- What the task asks
Search the material for the word "nonempty" and report each line where it turns up.

- Information provided
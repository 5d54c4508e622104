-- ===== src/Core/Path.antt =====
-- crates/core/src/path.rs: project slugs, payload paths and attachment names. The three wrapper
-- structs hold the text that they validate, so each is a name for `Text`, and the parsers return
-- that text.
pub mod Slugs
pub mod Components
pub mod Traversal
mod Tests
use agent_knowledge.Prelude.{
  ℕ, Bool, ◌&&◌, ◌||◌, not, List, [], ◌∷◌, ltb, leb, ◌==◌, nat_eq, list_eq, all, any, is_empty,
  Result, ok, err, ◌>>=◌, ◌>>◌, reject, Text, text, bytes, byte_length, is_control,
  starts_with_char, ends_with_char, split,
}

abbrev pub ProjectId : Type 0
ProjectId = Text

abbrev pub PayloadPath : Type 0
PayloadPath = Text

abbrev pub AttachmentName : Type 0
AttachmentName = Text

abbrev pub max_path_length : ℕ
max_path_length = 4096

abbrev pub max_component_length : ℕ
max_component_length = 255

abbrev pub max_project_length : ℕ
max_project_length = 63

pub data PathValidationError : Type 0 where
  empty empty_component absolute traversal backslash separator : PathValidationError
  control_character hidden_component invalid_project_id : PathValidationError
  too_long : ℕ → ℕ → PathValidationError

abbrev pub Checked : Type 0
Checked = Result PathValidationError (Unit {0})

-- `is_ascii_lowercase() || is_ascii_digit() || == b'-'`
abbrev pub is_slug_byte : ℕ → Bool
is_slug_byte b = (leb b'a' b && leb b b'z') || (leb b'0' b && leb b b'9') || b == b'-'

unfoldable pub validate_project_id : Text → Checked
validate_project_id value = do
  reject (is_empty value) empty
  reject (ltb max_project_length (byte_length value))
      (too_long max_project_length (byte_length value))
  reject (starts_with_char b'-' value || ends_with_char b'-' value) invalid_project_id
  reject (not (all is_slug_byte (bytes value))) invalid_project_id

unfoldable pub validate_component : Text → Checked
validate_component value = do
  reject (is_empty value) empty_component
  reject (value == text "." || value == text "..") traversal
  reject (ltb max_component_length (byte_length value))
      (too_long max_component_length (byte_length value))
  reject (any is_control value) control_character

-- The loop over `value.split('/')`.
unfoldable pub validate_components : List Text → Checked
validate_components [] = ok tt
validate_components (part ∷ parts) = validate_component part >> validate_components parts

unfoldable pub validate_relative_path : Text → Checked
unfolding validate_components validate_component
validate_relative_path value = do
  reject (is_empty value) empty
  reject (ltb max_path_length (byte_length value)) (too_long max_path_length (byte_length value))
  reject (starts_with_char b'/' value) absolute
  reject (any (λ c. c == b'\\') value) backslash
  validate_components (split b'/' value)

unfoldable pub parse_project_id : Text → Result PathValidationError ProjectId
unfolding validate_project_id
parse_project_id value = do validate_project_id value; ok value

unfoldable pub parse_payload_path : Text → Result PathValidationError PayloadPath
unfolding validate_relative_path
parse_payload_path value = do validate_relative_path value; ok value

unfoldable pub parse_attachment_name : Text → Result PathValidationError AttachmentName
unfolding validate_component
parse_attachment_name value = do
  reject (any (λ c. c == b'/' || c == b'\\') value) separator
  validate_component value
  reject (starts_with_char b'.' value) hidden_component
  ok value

...

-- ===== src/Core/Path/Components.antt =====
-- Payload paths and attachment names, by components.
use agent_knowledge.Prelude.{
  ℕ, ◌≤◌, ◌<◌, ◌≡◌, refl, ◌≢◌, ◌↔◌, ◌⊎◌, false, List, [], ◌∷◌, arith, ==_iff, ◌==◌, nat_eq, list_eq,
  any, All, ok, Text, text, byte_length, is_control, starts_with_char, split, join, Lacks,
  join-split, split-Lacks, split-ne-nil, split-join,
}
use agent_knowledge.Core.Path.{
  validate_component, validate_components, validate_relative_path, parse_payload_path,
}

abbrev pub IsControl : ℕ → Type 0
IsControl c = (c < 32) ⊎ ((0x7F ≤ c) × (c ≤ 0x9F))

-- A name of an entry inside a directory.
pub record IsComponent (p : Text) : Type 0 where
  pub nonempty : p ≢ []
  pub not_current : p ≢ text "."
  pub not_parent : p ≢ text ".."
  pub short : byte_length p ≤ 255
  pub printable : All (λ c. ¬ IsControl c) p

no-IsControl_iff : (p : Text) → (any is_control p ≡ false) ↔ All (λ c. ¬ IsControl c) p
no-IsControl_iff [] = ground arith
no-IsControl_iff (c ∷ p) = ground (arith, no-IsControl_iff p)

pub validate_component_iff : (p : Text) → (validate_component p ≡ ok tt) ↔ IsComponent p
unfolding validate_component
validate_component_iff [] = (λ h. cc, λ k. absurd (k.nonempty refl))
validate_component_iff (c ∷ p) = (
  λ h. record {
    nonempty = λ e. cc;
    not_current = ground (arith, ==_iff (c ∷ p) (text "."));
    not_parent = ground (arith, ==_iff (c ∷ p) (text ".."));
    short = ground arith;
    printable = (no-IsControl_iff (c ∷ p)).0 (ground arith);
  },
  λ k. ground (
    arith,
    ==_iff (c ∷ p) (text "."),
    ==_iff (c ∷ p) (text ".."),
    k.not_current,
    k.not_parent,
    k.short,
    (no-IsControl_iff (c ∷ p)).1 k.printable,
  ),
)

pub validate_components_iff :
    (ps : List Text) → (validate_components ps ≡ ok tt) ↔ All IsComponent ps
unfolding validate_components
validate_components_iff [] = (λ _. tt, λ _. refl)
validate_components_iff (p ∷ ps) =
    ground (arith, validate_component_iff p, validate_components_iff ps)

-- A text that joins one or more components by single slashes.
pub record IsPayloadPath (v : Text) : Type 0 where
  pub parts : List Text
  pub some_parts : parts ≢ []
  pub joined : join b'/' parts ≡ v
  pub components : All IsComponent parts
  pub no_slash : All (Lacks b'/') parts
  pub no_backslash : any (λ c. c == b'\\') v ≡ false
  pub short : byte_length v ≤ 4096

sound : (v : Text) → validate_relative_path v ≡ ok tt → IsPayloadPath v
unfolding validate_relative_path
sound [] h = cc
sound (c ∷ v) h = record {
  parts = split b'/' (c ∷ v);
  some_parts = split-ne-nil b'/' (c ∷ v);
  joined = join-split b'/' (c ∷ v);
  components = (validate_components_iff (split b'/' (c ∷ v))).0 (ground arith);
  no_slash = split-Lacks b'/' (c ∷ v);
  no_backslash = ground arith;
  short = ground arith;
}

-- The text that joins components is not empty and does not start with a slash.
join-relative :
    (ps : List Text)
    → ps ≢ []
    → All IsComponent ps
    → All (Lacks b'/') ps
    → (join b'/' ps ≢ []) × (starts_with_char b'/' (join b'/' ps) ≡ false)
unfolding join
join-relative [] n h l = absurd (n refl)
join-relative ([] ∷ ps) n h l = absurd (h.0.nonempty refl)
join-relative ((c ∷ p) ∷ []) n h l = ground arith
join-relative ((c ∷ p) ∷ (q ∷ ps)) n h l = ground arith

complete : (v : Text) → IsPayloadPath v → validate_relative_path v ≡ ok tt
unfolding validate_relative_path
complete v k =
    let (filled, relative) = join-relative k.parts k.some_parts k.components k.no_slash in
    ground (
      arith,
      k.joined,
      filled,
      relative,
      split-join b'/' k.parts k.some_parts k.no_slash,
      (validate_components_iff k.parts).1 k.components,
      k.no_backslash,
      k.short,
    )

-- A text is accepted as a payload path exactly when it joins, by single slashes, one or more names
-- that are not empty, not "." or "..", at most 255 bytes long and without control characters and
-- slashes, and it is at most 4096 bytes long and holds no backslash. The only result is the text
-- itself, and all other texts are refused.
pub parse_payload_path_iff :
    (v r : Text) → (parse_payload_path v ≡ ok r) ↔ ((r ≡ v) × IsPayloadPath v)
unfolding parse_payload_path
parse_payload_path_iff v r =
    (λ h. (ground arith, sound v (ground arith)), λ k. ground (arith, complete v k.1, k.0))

---

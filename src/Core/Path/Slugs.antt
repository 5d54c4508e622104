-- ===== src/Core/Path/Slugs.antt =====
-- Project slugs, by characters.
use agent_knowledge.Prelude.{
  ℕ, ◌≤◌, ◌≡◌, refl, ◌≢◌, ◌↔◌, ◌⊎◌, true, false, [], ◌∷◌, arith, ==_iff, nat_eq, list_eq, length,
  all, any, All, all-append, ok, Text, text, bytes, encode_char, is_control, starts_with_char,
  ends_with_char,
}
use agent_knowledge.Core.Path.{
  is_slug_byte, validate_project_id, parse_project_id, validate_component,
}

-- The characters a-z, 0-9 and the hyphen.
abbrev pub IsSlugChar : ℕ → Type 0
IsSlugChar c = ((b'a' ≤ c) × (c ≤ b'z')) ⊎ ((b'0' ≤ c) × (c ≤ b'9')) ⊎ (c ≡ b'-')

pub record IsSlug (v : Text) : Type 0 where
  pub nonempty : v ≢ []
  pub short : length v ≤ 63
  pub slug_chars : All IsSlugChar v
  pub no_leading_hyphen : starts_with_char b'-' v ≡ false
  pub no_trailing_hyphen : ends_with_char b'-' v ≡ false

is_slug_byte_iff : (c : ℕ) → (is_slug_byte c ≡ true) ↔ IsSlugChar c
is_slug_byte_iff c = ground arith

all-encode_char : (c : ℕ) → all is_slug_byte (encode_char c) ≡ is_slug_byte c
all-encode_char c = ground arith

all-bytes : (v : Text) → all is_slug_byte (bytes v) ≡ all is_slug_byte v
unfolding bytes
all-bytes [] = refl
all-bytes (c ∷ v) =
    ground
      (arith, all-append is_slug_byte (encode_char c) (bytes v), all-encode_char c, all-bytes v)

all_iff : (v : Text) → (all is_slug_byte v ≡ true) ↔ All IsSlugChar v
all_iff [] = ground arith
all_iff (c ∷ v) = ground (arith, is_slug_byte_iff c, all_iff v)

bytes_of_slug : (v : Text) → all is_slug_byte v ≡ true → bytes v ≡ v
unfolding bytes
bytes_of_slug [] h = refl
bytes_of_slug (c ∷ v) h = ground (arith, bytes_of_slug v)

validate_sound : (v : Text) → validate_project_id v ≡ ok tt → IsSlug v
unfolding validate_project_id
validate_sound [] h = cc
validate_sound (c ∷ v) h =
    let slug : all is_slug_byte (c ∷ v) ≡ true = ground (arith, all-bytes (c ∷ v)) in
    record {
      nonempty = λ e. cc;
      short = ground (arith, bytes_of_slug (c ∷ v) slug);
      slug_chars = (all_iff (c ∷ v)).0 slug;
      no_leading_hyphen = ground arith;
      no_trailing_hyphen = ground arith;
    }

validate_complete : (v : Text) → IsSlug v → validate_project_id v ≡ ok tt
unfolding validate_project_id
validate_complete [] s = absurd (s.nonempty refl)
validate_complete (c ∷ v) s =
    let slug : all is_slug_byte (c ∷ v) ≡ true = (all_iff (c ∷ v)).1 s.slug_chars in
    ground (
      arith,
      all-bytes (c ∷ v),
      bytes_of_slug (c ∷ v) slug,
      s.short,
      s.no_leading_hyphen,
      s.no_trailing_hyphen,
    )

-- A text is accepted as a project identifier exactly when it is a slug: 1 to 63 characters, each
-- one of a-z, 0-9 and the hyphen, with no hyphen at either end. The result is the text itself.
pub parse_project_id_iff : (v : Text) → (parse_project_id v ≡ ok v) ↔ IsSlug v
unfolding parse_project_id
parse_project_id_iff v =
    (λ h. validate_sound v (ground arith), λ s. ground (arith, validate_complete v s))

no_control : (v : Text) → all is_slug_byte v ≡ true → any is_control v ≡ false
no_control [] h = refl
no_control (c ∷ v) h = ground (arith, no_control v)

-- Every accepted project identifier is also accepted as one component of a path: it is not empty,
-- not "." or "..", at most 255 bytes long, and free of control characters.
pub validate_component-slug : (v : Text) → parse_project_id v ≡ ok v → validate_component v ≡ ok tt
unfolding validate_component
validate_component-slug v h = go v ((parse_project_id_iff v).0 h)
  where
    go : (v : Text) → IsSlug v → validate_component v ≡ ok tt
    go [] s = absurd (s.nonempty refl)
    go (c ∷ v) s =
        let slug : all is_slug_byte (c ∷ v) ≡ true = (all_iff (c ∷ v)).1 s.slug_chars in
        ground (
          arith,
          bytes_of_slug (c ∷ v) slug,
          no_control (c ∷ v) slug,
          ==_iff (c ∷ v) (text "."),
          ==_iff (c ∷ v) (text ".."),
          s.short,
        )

- Reply
  pub nonempty : p ≢ []
validate_component_iff [] = (λ h. cc, λ k. absurd (k.nonempty refl))
    nonempty = λ e. cc;
join-relative ([] ∷ ps) n h l = absurd (h.0.nonempty refl)
  pub nonempty : v ≢ []
      nonempty = λ e. cc;
validate_complete [] s = absurd (s.nonempty refl)
    go [] s = absurd (s.nonempty refl)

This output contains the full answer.